NumPy arrays are stored at one continuous place in memory unlike lists, so processes can access and manipulate them very efficiently. this behaviour is called locality of reference in computer science. It is also optimized to work with the latest CPU architecture. This is why NumPy is faster than lists. NumPy is written partially in python but most of the parts that require fast computation are written in C or C++.

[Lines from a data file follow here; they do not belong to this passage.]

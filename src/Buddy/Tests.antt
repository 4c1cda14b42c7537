-- ===== src/Buddy/Tests.antt =====
-- The theorems about blocks applied to an array of four blocks.
use homemade_os.Base.{ℕ, ◌≡◌, refl, List, Option, none, some, [], ◌∷◌, ◌==◌, if◌then◌else◌}
use homemade_os.Buddy.{
  MemoryBlockManager, release_block, Allocation, fault, unavailable, allocated, allocate_block,
}

-- The first two blocks are free as one, and the third.
abbrev three_free : MemoryBlockManager
three_free = record {
  begin_address = 65536;
  block_count = 4;
  free_size = 12288;
  size_order = λ b. if b == 0 then 13 else 12;
  free_block = λ o. if o == 13 then 0 ∷ [] else if o == 12 then 2 ∷ [] else [];
}

-- All four merge, into a block of 16 KB at the first index.
abbrev free_of_order : ℕ → Option MemoryBlockManager → List ℕ
free_of_order o none = []
free_of_order o (some m) = m.free_block o

merged_to_one : free_of_order 14 (release_block three_free 3) ≡ 0 ∷ []
unfolding release_block
merged_to_one = refl

-- A block that is free is not released.
released_twice : release_block three_free 2 ≡ none
unfolding release_block
released_twice = refl

abbrev four_free : MemoryBlockManager
four_free = record {
  begin_address = 65536;
  block_count = 4;
  free_size = 16384;
  size_order = λ b. if b == 0 then 14 else if b == 2 then 13 else 12;
  free_block = λ o. if o == 14 then 0 ∷ [] else [];
}

abbrev block_of : Allocation → Option ℕ
block_of fault = none
block_of unavailable = none
block_of (allocated b m) = some b

first_block_given : block_of (allocate_block four_free 5000 4096) ≡ some 0
unfolding allocate_block
first_block_given = refl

The source code for NumPy can be found on NumPy's official GitHub Page.
INSTALLATION
If you have python and pip already installed then installation of NumPy is very easy. Use the following command:
pip install numpy
If this command fails, use a python distribution that already has NumPy installed like Anaconda, Spyder etc. Once it is installed, you can import it for use in your applications using the import keyword. It is usually imported under the np alias. You can create an alias with the as keyword while importing. Consider the example below:
import numpy as np
array1 = np.array([1, 2, 3, 4, 5]
print(array1)
To check the NumPy version, the version string is stored under _version_ attribute.
import numpy as np
print(np._version_)
Creating Arrays
As previously stated, NumPy is used to work with arrays. The array object in NumPy is called ndarray. We can create a NumPy ndarray object using the array( ) function.
import numpy as np
array1 = np.array([1, 2, 3, 4, 5])
print(array1)
print(type(array1))
The built-in python function type( ) tells us the type of the object passed to it. In the code above, the type( ) function shows that array1 is nump.ndarray type. To create an ndarray we can pass a list, tuple or any array-like object into the array( ) method and it will be converted into an ndarray. For example, if we pass a tuple, the code will appear as below:
import numpy as np
array1 = np.array((1, 2, 3, 4, 5))
print(array1)
Dimensions in Arrays
A dimension in arrays is one level of array depth(nested arrays - which are arrays that have arrays as their elements).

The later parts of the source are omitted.